WHAT IS BEING ASKED: In the records below, find the line that contains "is_request _ = false" and the line that contains "event_of AccountEventType.state_changed AuthError.none", then retype exactly those two lines and every line between them.

:: RAW DATA ::

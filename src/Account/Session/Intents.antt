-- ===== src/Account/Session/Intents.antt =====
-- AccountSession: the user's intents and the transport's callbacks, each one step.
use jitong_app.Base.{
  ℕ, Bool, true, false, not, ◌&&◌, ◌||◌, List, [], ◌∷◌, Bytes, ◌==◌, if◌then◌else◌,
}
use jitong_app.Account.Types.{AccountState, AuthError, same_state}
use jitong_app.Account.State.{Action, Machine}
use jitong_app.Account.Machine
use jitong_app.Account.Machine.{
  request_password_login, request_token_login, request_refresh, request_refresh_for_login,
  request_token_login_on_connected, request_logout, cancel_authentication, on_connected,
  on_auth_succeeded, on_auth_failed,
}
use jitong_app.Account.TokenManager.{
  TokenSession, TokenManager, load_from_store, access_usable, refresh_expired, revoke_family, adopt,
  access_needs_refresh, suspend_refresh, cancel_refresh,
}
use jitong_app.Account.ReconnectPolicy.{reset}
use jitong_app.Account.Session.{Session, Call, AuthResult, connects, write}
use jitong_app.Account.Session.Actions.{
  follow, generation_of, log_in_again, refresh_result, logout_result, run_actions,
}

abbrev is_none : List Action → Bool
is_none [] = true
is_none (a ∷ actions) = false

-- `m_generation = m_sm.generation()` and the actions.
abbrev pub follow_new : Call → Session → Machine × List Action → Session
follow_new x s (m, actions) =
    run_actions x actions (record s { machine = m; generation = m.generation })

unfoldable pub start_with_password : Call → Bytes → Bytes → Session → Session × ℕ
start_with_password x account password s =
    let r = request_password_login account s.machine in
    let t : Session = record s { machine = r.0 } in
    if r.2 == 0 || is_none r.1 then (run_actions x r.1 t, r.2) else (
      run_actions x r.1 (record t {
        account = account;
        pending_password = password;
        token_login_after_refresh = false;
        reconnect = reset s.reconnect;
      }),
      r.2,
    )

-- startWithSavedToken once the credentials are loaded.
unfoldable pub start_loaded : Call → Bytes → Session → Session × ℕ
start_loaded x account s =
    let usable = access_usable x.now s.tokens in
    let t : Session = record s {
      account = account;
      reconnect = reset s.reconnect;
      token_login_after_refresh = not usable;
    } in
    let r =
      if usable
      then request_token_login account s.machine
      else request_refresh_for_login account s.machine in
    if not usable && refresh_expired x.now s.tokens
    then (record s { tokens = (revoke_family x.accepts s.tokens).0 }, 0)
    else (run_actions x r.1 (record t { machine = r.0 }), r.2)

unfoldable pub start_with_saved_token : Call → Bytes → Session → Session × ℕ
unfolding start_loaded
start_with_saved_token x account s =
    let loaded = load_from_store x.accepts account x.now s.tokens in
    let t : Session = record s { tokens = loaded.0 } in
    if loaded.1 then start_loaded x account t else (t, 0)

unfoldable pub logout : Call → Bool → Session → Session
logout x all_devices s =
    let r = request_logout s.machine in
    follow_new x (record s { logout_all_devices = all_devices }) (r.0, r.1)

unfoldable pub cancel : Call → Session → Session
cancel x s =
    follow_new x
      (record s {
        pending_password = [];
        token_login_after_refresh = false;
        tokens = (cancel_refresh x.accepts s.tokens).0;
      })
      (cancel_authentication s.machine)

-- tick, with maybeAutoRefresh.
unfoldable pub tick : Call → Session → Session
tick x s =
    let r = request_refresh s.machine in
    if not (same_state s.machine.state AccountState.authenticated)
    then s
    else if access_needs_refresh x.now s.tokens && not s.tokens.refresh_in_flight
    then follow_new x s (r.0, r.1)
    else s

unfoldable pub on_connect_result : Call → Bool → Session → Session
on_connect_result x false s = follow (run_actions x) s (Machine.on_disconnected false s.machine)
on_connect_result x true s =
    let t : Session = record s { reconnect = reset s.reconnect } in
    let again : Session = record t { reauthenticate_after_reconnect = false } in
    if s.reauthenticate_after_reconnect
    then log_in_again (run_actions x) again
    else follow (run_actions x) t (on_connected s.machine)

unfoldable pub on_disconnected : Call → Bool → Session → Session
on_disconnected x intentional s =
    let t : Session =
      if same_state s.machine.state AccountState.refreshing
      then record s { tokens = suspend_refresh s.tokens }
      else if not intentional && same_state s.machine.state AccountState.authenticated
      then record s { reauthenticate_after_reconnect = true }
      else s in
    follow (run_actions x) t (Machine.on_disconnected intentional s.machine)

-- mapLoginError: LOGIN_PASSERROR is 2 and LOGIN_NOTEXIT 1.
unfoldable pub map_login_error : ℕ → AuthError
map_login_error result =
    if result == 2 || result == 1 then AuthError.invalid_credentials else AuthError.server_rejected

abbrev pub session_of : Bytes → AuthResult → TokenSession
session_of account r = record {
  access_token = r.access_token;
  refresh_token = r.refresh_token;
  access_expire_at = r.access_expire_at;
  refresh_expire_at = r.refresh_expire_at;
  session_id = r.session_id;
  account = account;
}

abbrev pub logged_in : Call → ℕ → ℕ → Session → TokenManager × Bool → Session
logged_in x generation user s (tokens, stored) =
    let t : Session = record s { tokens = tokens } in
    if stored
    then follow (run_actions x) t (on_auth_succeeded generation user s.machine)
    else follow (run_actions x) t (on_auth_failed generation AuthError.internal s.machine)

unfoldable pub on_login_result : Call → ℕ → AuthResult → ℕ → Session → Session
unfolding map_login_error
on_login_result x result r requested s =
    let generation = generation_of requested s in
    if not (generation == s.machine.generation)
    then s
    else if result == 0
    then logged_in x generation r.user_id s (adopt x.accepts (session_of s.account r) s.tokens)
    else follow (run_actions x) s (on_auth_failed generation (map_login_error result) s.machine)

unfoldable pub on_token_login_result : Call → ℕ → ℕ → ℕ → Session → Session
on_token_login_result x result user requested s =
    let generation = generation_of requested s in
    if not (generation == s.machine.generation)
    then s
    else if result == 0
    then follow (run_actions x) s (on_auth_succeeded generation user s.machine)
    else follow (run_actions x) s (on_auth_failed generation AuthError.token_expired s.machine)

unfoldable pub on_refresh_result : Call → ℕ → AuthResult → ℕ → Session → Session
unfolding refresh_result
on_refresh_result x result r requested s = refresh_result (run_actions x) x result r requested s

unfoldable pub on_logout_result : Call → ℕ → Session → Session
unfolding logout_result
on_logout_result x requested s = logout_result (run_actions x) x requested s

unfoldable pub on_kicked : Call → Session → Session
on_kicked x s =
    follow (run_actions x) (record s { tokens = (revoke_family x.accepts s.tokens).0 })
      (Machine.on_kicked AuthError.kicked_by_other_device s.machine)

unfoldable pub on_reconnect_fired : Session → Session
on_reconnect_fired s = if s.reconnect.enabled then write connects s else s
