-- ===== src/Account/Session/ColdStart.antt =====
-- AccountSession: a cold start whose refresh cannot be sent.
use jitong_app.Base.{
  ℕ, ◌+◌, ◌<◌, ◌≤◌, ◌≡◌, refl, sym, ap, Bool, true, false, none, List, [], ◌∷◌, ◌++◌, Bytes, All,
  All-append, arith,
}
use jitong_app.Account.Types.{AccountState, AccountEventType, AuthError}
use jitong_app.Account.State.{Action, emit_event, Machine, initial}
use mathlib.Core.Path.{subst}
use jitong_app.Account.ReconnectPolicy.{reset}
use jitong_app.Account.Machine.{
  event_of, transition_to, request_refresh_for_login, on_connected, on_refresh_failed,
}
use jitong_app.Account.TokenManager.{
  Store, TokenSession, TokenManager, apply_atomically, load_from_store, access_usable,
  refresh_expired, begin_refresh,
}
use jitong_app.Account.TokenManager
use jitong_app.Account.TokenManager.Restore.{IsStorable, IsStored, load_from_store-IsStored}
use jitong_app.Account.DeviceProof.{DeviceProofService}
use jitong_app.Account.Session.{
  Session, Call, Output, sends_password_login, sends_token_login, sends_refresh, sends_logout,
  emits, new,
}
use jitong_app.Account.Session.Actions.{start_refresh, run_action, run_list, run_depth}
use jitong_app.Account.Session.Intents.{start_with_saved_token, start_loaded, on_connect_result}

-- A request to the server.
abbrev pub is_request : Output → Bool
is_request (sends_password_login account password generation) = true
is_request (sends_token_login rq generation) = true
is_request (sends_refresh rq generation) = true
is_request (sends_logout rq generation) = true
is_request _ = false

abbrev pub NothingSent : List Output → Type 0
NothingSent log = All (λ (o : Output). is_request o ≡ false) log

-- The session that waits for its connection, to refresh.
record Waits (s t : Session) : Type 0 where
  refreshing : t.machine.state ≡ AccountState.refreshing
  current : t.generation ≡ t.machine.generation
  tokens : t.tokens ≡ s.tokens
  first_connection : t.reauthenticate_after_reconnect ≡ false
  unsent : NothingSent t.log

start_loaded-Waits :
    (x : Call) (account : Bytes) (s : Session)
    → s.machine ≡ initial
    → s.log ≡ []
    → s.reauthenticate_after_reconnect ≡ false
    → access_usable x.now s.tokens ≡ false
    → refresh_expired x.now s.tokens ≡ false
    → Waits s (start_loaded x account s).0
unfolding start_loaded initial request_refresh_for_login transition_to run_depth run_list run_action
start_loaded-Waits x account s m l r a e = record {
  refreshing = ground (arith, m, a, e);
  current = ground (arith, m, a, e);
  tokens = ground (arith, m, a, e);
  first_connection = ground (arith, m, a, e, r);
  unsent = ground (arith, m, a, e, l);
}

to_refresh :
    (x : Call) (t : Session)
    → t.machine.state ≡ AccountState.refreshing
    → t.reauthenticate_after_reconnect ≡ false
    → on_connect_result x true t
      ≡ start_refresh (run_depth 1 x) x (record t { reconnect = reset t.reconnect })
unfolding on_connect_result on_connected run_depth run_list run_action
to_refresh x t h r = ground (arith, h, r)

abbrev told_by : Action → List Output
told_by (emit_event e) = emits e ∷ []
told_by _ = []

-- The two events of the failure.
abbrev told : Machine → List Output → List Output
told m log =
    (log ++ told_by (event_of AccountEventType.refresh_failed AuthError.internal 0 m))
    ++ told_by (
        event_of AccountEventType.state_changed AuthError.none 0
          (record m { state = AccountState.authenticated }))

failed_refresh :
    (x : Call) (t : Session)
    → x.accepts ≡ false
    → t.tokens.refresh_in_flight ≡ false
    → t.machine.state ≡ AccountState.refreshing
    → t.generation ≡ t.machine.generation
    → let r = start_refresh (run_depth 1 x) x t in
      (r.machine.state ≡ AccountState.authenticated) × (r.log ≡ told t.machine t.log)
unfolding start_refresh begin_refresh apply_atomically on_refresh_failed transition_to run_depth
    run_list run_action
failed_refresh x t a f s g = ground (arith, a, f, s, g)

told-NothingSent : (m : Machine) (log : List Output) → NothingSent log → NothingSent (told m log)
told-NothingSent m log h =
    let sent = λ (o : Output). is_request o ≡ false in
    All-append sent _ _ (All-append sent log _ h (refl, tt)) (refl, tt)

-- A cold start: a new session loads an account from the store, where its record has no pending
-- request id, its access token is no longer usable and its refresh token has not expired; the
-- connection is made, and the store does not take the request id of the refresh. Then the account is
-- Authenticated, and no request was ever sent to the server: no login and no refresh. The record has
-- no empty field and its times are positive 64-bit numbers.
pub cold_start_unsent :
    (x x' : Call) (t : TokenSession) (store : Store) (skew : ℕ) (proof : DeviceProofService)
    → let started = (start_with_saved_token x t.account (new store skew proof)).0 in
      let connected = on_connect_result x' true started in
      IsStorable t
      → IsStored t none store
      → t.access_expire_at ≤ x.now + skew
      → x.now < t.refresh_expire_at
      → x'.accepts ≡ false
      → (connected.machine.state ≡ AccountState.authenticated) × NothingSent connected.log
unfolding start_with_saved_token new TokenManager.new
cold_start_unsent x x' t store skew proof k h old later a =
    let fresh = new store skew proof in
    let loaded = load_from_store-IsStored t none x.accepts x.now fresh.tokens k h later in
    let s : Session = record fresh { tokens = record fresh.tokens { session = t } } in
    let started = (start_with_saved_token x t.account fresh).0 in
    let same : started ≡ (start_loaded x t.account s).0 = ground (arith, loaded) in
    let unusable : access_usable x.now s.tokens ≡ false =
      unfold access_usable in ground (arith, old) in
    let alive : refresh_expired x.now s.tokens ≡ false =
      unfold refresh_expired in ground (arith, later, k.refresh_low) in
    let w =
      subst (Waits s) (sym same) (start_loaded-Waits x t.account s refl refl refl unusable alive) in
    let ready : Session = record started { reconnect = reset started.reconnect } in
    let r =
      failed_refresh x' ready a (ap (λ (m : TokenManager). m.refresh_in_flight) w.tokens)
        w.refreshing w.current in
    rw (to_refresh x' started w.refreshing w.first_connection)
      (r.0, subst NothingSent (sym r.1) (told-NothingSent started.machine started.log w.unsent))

:::

RESPONSE:
is_request _ = false

abbrev pub NothingSent : List Output → Type 0
NothingSent log = All (λ (o : Output). is_request o ≡ false) log

-- The session that waits for its connection, to refresh.
record Waits (s t : Session) : Type 0 where
  refreshing : t.machine.state ≡ AccountState.refreshing
  current : t.generation ≡ t.machine.generation
  tokens : t.tokens ≡ s.tokens
  first_connection : t.reauthenticate_after_reconnect ≡ false
  unsent : NothingSent t.log

start_loaded-Waits :
    (x : Call) (account : Bytes) (s : Session)
    → s.machine ≡ initial
    → s.log ≡ []
    → s.reauthenticate_after_reconnect ≡ false
    → access_usable x.now s.tokens ≡ false
    → refresh_expired x.now s.tokens ≡ false
    → Waits s (start_loaded x account s).0
unfolding start_loaded initial request_refresh_for_login transition_to run_depth run_list run_action
start_loaded-Waits x account s m l r a e = record {
  refreshing = ground (arith, m, a, e);
  current = ground (arith, m, a, e);
  tokens = ground (arith, m, a, e);
  first_connection = ground (arith, m, a, e, r);
  unsent = ground (arith, m, a, e, l);
}

to_refresh :
    (x : Call) (t : Session)
    → t.machine.state ≡ AccountState.refreshing
    → t.reauthenticate_after_reconnect ≡ false
    → on_connect_result x true t
      ≡ start_refresh (run_depth 1 x) x (record t { reconnect = reset t.reconnect })
unfolding on_connect_result on_connected run_depth run_list run_action
to_refresh x t h r = ground (arith, h, r)

abbrev told_by : Action → List Output
told_by (emit_event e) = emits e ∷ []
told_by _ = []

-- The two events of the failure.
abbrev told : Machine → List Output → List Output
told m log =
    (log ++ told_by (event_of AccountEventType.refresh_failed AuthError.internal 0 m))
    ++ told_by (
        event_of AccountEventType.state_changed AuthError.none 0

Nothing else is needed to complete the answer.